We travel in circles. Our lives move in cycles. Our dreams spin us around. This is something that artist Rafi El understands intuitively. Through his life and music, he’s been constantly circling back to the source of his creativity, the mountains of South America – long a source of cultural wealth and shamanic power. Raised by parents from Argentina’s historical Jewish communities, Rafi was born in Israel and grew up in Los Angeles, where he currently lives. His earliest days were steeped in the sounds and cultures of three continents.
Rafi El’s music gained form in L.A.’s unique pan- Latino communities, also drawing on the West Coast beat scene (from Flying Lotus’ psychedelic breaks to the synthy exuberance of hyphy rap). But it was the sound of an Ayahuasca Shaman playing songs on a charango that brought him spinning back to the music of the Andes, the music that borders his parents’ old home in Argentina. As Rafi El says, “There’s something about the chord changes in Andean music — the way it’s constantly shifting between major and minor. It’s really deep and affecting.” Zeroing in on this musical inspiration, he moved towards the music of his ancestral roots, and incorporating these influences into the music he was making in Los Angeles’ burning-hot Indie- Tropical nights. There, Rafi El paired his distinctive voice with songwriting whose cheerfulness played with Latin mood shifts, wrapping it around a unique production style where hard-driving electronic beats share space with acoustic, folkloric instruments.
Rafi El’s Spanish-language remake of Dr.
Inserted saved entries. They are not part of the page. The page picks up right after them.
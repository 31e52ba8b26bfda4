-- ===== src/Json.antt =====
-- JSON values, as `serde_json::Value` holds them. The crate is built without `preserve_order`, so
-- an object is an ordered map: `Fields` keeps its keys in the byte order of the texts when it is
-- built by `insert`, and iterates in that order.
pub mod Object
pub mod Float
use Prim.Native.String.{String}
use mathlib.Core.Bool.{Bool, true, false, ◌&&◌}
use mathlib.Core.Option.{Option, none, some}
use mathlib.Core.List.{List, [], ◌∷◌}
use ugoite.Common.{ℕ, ◌==◌, nat_eq, if◌then◌else◌}

-- A finite f64 of `serde_json`, by its bit pattern.
abbrev pub F64 : Type 0
F64 = ℕ

-- `serde_json::Number`: an integer from 0, a negative integer -(n + 1), or a float.
pub data Number : Type 0 where
  pos_int : ℕ → Number
  neg_int : ℕ → Number
  float : F64 → Number

mutual
  pub data Value : Type 0 where
    null : Value
    bool : Bool → Value
    number : Number → Value
    string : String → Value
    array : Values → Value
    object : Fields → Value

  pub data Values : Type 0 where
    nil : Values
    cons : Value → Values → Values

  pub data Fields : Type 0 where
    end : Fields
    field : String → Value → Fields → Fields

-- The items of an array, as a list.
unfoldable pub items : Values → List Value
items nil = []
items (cons v vs) = v ∷ items vs

-- The entries of an object, in the order of iteration.
unfoldable pub entries : Fields → List (String × Value)
entries end = []
entries (field k v fs) = (k, v) ∷ entries fs

-- `Value::as_object`
abbrev pub as_object : Value → Option Fields
as_object (object fs) = some fs
as_object _ = none

-- `Value::as_array`
abbrev pub as_array : Value → Option (List Value)
as_array (array vs) = some (items vs)
as_array _ = none

-- `Value::as_str`
abbrev pub as_str : Value → Option String
as_str (string s) = some s
as_str _ = none

-- `Value::as_bool`
abbrev pub as_bool : Value → Option Bool
as_bool (bool b) = some b
as_bool _ = none

-- `Value::is_null`
abbrev pub is_null : Value → Bool
is_null null = true
is_null _ = false

-- `Value::is_object`
abbrev pub is_object : Value → Bool
is_object (object _) = true
is_object _ = false
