-- ===== src/External.antt =====
-- Functions of the crates that the sources call and that are not part of the repository. They are
-- a parameter of the modules that use them.
use ugoite.Common.{String, Option}
use ugoite.Json.{Value}

pub record External : Type 0 where
  -- `serde_json::to_string` and `serde_json::from_str`
  pub to_string : Value → String
  pub from_str : String → Option Value
  -- `hex::encode(Sha256::digest(text))`
  pub sha256_hex : String → String
  -- `str::to_lowercase`, by the Unicode case tables
  pub to_lowercase : String → String
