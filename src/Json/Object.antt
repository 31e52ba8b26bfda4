-- ===== src/Json/Object.antt =====
-- `serde_json::Map`: lookup, insertion and removal, and the map laws.
use Prim.Native.String.{String, compare}
use Prim.Native.Nat.{Ordering}
use mathlib.Core.Option.{Option, none, some}
use ugoite.Common.{◌≡◌, refl, arith, ◌==◌, str_eq_iff, if◌then◌else◌, List, [], ◌∷◌}
use ugoite.Json.{Value, object, Fields, end, field, as_str}

-- `Map::get`
unfoldable pub get : String → Fields → Option Value
get k end = none
get k (field j v fs) = if j == k then some v else get k fs

-- `Map::insert`: replaces the value of a key that is there, else keeps the order of the keys.
unfoldable pub insert : String → Value → Fields → Fields
insert k v end = field k v end
insert k v (field j w fs) = if j == k then field k v fs else elim (compare k j) [
  | Ordering.lt ↦ field k v (field j w fs)
  | _ ↦ field j w (insert k v fs)
]

-- `Map::remove`
unfoldable pub remove : String → Fields → Fields
remove k end = end
remove k (field j v fs) = if j == k then remove k fs else field j v (remove k fs)

-- `Value::get` with a text: `none` for what is no object.
unfoldable pub value_get : String → Value → Option Value
unfolding get
value_get k (object fs) = get k fs
value_get k _ = none

-- `.get(key).and_then(Value::as_str)`
unfoldable pub get_str : String → Fields → Option String
get_str k fs = elim (get k fs) [ none ↦ none | some v ↦ as_str v ]

-- An object built by inserting each entry, as the `json!` macro does.
unfoldable pub from_list : List (String × Value) → Fields
from_list [] = end
from_list ((k, v) ∷ l) = insert k v (from_list l)

pub get-insert :
    (k j : String) (v : Value) (fs : Fields)
    → get j (insert k v fs) ≡ (if k == j then some v else get j fs)
unfolding get insert
get-insert k j v end = refl
get-insert k j v (field i w fs) =
    ground (arith, get-insert k j v fs, str_eq_iff k j, str_eq_iff i k, str_eq_iff i j)

pub get-remove :
    (k j : String) (fs : Fields) → get j (remove k fs) ≡ (if k == j then none else get j fs)
unfolding get remove
get-remove k j end = ground arith
get-remove k j (field i v fs) =
    ground (arith, get-remove k j fs, str_eq_iff k j, str_eq_iff i k, str_eq_iff i j)

-- Removing a key right after it was inserted leaves what removing it first would.
pub remove-insert : (k : String) (v : Value) (fs : Fields) → remove k (insert k v fs) ≡ remove k fs
unfolding remove insert
remove-insert k v end = ground (arith, str_eq_iff k k)
remove-insert k v (field i w fs) =
    ground (arith, remove-insert k v fs, str_eq_iff k k, str_eq_iff i k)

pub remove-remove : (k : String) (fs : Fields) → remove k (remove k fs) ≡ remove k fs
unfolding remove
remove-remove k end = refl
remove-remove k (field i w fs) = ground (arith, remove-remove k fs)

pub get_str-insert :
    (k j : String) (v : Value) (fs : Fields)
    → get_str j (insert k v fs) ≡ (if k == j then as_str v else get_str j fs)
unfolding get_str
get_str-insert k j v fs = ground (arith, get-insert k j v fs)

pub get_str-remove :
    (k j : String) (fs : Fields) → get_str j (remove k fs) ≡ (if k == j then none else get_str j fs)
unfolding get_str
get_str-remove k j fs = ground (arith, get-remove k j fs)

pub ruleset object_laws =
    (get-insert, get-remove, remove-insert, remove-remove, get_str-insert, get_str-remove)

-- What holds no such key is left as it is.
pub remove_of_none : (k : String) (fs : Fields) → get k fs ≡ none → remove k fs ≡ fs
unfolding get remove
remove_of_none k end h = refl
remove_of_none k (field i w fs) h = ground (arith, remove_of_none k fs)
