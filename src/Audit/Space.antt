-- ===== src/Audit/Space.antt =====
-- The identifier of a space, the limits of the audit log and the options of a listing
-- (ugoite-core/src/audit.rs).
use Prim.Native.Char.{code}
use Prim.Native.String.{count}
use ugoite.Common.{
  ℕ, String, Bool, true, false, ◌&&◌, ◌||◌, not, Option, none, some, Result, ok, guard, ◌>>◌, ltb,
  leb, nat_eq, if◌then◌else◌,
}
use ugoite.Common.Text.{trim, is_empty}

abbrev default_audit_limit : ℕ
default_audit_limit = 100

abbrev pub max_audit_limit : ℕ
max_audit_limit = 500

abbrev pub default_audit_retention : ℕ
default_audit_retention = 5000

abbrev pub max_audit_retention : ℕ
max_audit_retention = 50000

pub record AuditListOptions : Type 0 where
  pub offset : ℕ
  pub limit : ℕ
  pub action : Option String
  pub actor_user_id : Option String
  pub outcome : Option String

-- `AuditListOptions::default`
abbrev pub default_options : AuditListOptions
default_options = record {
  offset = 0;
  limit = default_audit_limit;
  action = none;
  actor_user_id = none;
  outcome = none;
}

-- `Ord::clamp`
abbrev pub clamp : ℕ → ℕ → ℕ → ℕ
clamp lo hi n = if ltb n lo then lo else if ltb hi n then hi else n

abbrev pub unwrap_or {ℓ} : {A : Type ℓ} → Option A → A → A
unwrap_or none d = d
unwrap_or (some a) d = a

unfoldable pub normalize_retention_limit : Option ℕ → ℕ
normalize_retention_limit limit =
    clamp 100 max_audit_retention (unwrap_or limit default_audit_retention)

-- Digits, letters and the punctuation of the pattern `[a-zA-Z0-9._-]`.
unfoldable pub is_alnum : ℕ → Bool
is_alnum c = (leb b'a' c && leb c b'z') || (leb b'A' c && leb c b'Z') || (leb b'0' c && leb c b'9')

unfoldable pub is_space_char : ℕ → Bool
unfolding is_alnum
is_space_char c = is_alnum c || nat_eq c b'.' || nat_eq c b'_' || nat_eq c b'-'

unfoldable pub all_space_chars : String → Bool
unfolding is_space_char
all_space_chars String.[] = true
all_space_chars (String.◌∷◌ c s) = is_space_char (code c) && all_space_chars s

-- `^[a-zA-Z0-9][a-zA-Z0-9._-]{0,127}$`
unfoldable pub is_space_id : String → Bool
unfolding all_space_chars
is_space_id String.[] = false
is_space_id (String.◌∷◌ c s) = is_alnum (code c) && all_space_chars s && leb (count s) 127

unfoldable pub validate_space_id : String → Result String String
unfolding is_space_id
validate_space_id space_id = do
  let normalized = trim space_id
  guard (not (is_empty normalized)) "space_id must not be empty"
  guard (is_space_id normalized) "invalid space_id"
  ok normalized
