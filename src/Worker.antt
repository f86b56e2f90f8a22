-- ===== src/Worker.antt =====
-- parallel_client_worker.rs: the requests of the queue, and what a worker does with each.
pub mod Effects
pub mod Rounds
use solana_indexer_plugin.Base.{
  ℕ, suc, ◌+◌, Bool, true, false, not, ◌&&◌, String, Option, none, some, List, [], ◌∷◌,
  if◌then◌else◌,
}
use solana_indexer_plugin.Errors.{Exit, ok, err, panic, GeyserPluginError}
use solana_indexer_plugin.Account.{DbAccountInfo}
use solana_indexer_plugin.Block.{DbBlockInfo}
use solana_indexer_plugin.Transaction.{DbTransaction}
use solana_indexer_plugin.Crates.{Crates, SlotStatus}
use solana_indexer_plugin.Database.{Database}
use solana_indexer_plugin.Client
use solana_indexer_plugin.Client.{SimplePostgresClient, Reply}

-- `WorkRequest`, with the fields of the four request structs.
pub data WorkRequest : Type 0 where
  update_account : DbAccountInfo → Bool → WorkRequest
  update_slot : ℕ → Option ℕ → SlotStatus → WorkRequest
  log_transaction : DbTransaction → WorkRequest
  update_block_metadata : DbBlockInfo → WorkRequest

-- The request is an account update at startup.
abbrev pub is_startup_request : WorkRequest → Bool
is_startup_request (update_account account is_startup) = is_startup
is_startup_request _ = false

-- `ParallelClientWorker`
pub record ParallelClientWorker : Type 0 where
  pub client : SimplePostgresClient
  pub is_startup_done : Bool

-- What becomes of the thread: it goes on, the process is aborted, or a panic unwinds the thread.
pub data Flow : Type 0 where
  continue abort unwind : Flow

-- `if let Err(err) = .. { if panic_on_db_errors { abort(); } }`
unfoldable pub flow : Bool → Exit (Unit {0}) → Flow
flow panic_on_db_errors (ok _) = continue
flow panic_on_db_errors (err _) = if panic_on_db_errors then abort else continue
flow panic_on_db_errors panic = unwind

-- What one round of the loop reads: the exit flag, then a request, a timeout with the shared flag,
-- or that the channel is disconnected.
pub data Received : Type 0 where
  exiting : Received
  received : WorkRequest → (ℕ → String) → Received
  timed_out : Bool → (ℕ → String) → (ℕ → String) → Received
  disconnected : Received

-- How `do_work` ends: with `Ok(())`, by an abort or a panic, or not within the rounds given.
pub data Ending : Type 0 where
  returned aborted unwound running : Ending

module _ (X : Crates) (D : Database) where
  -- The call that a request asks for; `now` gives the readings of the clock.
  unfoldable pub perform : (ℕ → String) → WorkRequest → SimplePostgresClient → D.State → Reply X D
  perform now (update_account account is_startup) c db =
      Client.update_account X D now account is_startup c db
  perform now (update_slot slot parent status) c db =
      Client.update_slot_status X D (now 0) slot parent status c db
  perform now (log_transaction info) c db = Client.log_transaction X D (now 0) info c db
  perform now (update_block_metadata info) c db = Client.update_block_metadata X D (now 0) info c db

  -- The worker and the database after a call.
  abbrev pub Outcome : Type 0
  Outcome = Flow × ParallelClientWorker × D.State

  -- How the loop ends, with the shared counter, the worker and the database it leaves. Of a round
  -- that an abort or a panic cuts short, the worker is the one before it: the thread drops it.
  abbrev pub Ended : Type 0
  Ended = Ending × ℕ × ParallelClientWorker × D.State

  unfoldable pub after_call : Bool → ParallelClientWorker → Reply X D → Outcome
  after_call strict w (exit, c, db) = (flow strict exit, record w { client = c }, db)

  -- The arm `Ok(work)` of the loop.
  unfoldable pub handle_request :
      Bool → (ℕ → String) → WorkRequest → ParallelClientWorker → D.State → Outcome
  unfolding after_call flow
  handle_request strict now request w db = after_call strict w (perform now request w.client db)

  -- The body of the arm `Timeout` once startup is done: the flush, and the worker's own flag. The
  -- shared counter is increased after it.
  unfoldable pub handle_end_of_startup :
      Bool → (ℕ → String) → (ℕ → String) → ParallelClientWorker → D.State → Outcome
  unfolding after_call flow
  handle_end_of_startup strict now slot_now w db =
      let (next, w', db') =
        after_call strict w (Client.notify_end_of_startup X D now slot_now w.client db) in
      (next, record w' { is_startup_done = true }, db')

  -- `ParallelClientWorker::do_work`, over what the rounds of its loop read.
  unfoldable pub do_work : Bool → List Received → ParallelClientWorker → D.State → ℕ → Ended
  do_work strict [] w db count = (running, count, w, db)
  do_work strict (exiting ∷ rounds) w db count = (returned, count, w, db)
  do_work strict (received r now ∷ rounds) w db count =
      let (next, w', db') = handle_request strict now r w db in
      let rest = do_work strict rounds w' db' count in
      elim next [
        | continue ↦ rest
        | abort ↦ (aborted, count, w, db')
        | unwind ↦ (unwound, count, w, db')
      ]
  do_work strict (timed_out done now slot_now ∷ rounds) w db count =
      let (next, w', db') = handle_end_of_startup strict now slot_now w db in
      let skipped = do_work strict rounds w db count in
      let rest = do_work strict rounds w' db' (suc count) in
      if not w.is_startup_done && done
      then elim next [
        | continue ↦ rest
        | abort ↦ (aborted, count, w, db')
        | unwind ↦ (unwound, count, w, db')
      ]
      else skipped
  do_work strict (disconnected ∷ rounds) w db count =
      (if strict then aborted else returned, count, w, db)
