-- ===== src/ParallelClient.antt =====
-- The methods of `ParallelClient` in parallel_client.rs, as the plugin calls them. A call returns once
-- the bounded queue has taken its request; `Parallel` has the workers at the other end.
use solana_indexer_plugin.Base.{
  ℕ, zero, suc, ◌+◌, ◌%◌, u64_mod, Bool, true, false, ◌<>◌, decimal, Option, none, some, List, [],
  ◌∷◌, ◌++◌, if◌then◌else◌, ltb,
}
use solana_indexer_plugin.Errors.{
  Exit, ok, err, panic, GeyserPluginError, accounts_update_error, slot_status_update_error,
}
use solana_indexer_plugin.Account.{ReplicaAccountInfoV2, new_account}
use solana_indexer_plugin.Block.{ReplicaBlockInfo, db_block_info}
use solana_indexer_plugin.Transaction.{ReplicaTransactionInfoV2, build_db_transaction}
use solana_indexer_plugin.Crates.{Crates, SlotStatus}
use solana_indexer_plugin.Worker.{
  WorkRequest, update_account, update_slot, log_transaction, update_block_metadata,
}

-- `ParallelClient`: its handles of the workers' threads, by the workers' numbers, the last that was
-- spawned first; what its sender has sent, in order, and whether a worker still receives; the flags
-- that it shares with the workers, and its counter of transactions. The two counters that the workers
-- increase are in `Parallel`.
pub record ParallelClient : Type 0 where
  pub workers : List ℕ
  pub sent : List WorkRequest
  pub is_connected : Bool
  pub exit_worker : Bool
  pub is_startup_done : Bool
  pub transaction_write_version : ℕ

-- The handles after `worker_count` rounds of the loop that spawns a thread and pushes its handle.
unfoldable pub spawned : ℕ → List ℕ
spawned zero = []
spawned (suc i) = i ∷ spawned i

-- `ParallelClient::new`, with the number of threads of its configuration. Only the threads have
-- receivers of the channel.
abbrev pub new_parallel_client : ℕ → ParallelClient
new_parallel_client worker_count = record {
  workers = spawned worker_count;
  sent = [];
  is_connected = ltb 0 worker_count;
  exit_worker = false;
  is_startup_done = false;
  transaction_write_version = 0;
}

abbrev pub Call : Type 0
Call = Exit (Unit {0}) × ParallelClient

-- `self.sender.send(request)`, with the error of a failure
unfoldable pub send : WorkRequest → GeyserPluginError → ParallelClient → Call
send request error c =
    if c.is_connected then (ok tt, record c { sent = c.sent ++ (request ∷ []) }) else (err error, c)

module _ (X : Crates) where
  -- `ParallelClient::update_account`
  unfoldable pub send_account : ReplicaAccountInfoV2 → ℕ → Bool → ParallelClient → Call
  unfolding send
  send_account account slot is_startup c =
      send (update_account (new_account account slot) is_startup)
        (accounts_update_error (
          "Failed to update the account "
          <> (X.debug_text (X.bs58_encode account.pubkey) <> (", error: " <> X.send_error))))
        c

  -- `ParallelClient::update_slot_status`
  unfoldable pub send_slot_status : ℕ → Option ℕ → SlotStatus → ParallelClient → Call
  unfolding send
  send_slot_status slot parent status c =
      send (update_slot slot parent status)
        (slot_status_update_error
          ("Failed to update the slot " <> (decimal slot <> (", error: " <> X.send_error))))
        c

  -- `ParallelClient::update_block_metadata`
  unfoldable pub send_block_metadata : ReplicaBlockInfo → ParallelClient → Call
  unfolding send
  send_block_metadata block_info c =
      send (update_block_metadata (db_block_info block_info))
        (slot_status_update_error (
          "Failed to update the block metadata at slot "
          <> (decimal block_info.slot <> (", error: " <> X.send_error))))
        c

  -- `ParallelClient::log_transaction_info`
  unfoldable pub send_transaction : ReplicaTransactionInfoV2 → ℕ → ParallelClient → Call
  unfolding send
  send_transaction info slot c =
      let version = (c.transaction_write_version + 1) % u64_mod in
      let c' : ParallelClient = record c { transaction_write_version = version } in
      elim (build_db_transaction slot info version) [
        | none ↦ (panic, c')
        | some row ↦
            send (log_transaction row)
              (slot_status_update_error
                ("Failed to update the transaction, error: " <> X.send_error))
              c'
      ]

-- How a worker's thread ended: with `Ok`, with an error, or by a panic.
pub data Thread : Type 0 where
  finished failed panicked : Thread

-- The loop of `join`, with how each thread ends: a handle is popped and joined, and the `unwrap` of a
-- thread that panicked panics. The handles that are left are returned as well.
unfoldable pub join_workers : (ℕ → Thread) → List ℕ → Exit (Unit {0}) × List ℕ
join_workers ends [] = (ok tt, [])
join_workers ends (i ∷ workers) =
    let rest = join_workers ends workers in
    elim (ends i) [ panicked ↦ (panic, workers) | finished ↦ rest | failed ↦ rest ]

-- `ParallelClient::join`. Once every thread has ended, the channel has no receiver.
unfoldable pub join : (ℕ → Thread) → ParallelClient → Call
unfolding join_workers
join ends c =
    let (exit, left) = join_workers ends c.workers in
    let stopping : ParallelClient = record c { exit_worker = true; workers = left } in
    elim exit [
      | ok u ↦ (ok u, record stopping { is_connected = false })
      | err e ↦ (err e, stopping)
      | panic ↦ (panic, stopping)
    ]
Dre’s “What’s the Difference”, entitled “La Diferencia”, dropped in early 2013 and reimagined the Cali classic as a bilingual border-crossing anthem, complete with a splash of Mexican Banda brass. With his new EP, Tra Ba, Rafi El invited three artists to remix the single off his upcoming Fall 2013 full- length album. L.A. roots Caribbean band Buyepongo brings an organically-crafted cover featuring the Afro-Latin drumming traditions that have inspired them, integrating a cumbia shuffle with funky horns. Brooklyn-based psychedelic electronic music producer Rioux circles the music back to its African roots with the filtered kalimba (thumb piano) lines of his buzzed- out melodic remix. Dutty Artz label-mate Atropolis, a stalwart of New York’s tropical bass scene, field-tested his propulsive Tra Ba version at underground Brooklyn parties.
Tra Ba brings Rafi El’s deft Spanish lyricism and songwriting together with a beat that combines South American folk traditions and contemporary dancefloor rhythms, culminating in a hook that celebrates the joys of communal fiesta celebration after a week of workplace drudgery. He raps and sings bilingually, weaving between Spanish and English, telling an immigrant’s tale of searching for connection in a fragmented city, and finding release in the delirious dance… It’s the sound of Los Angeles today.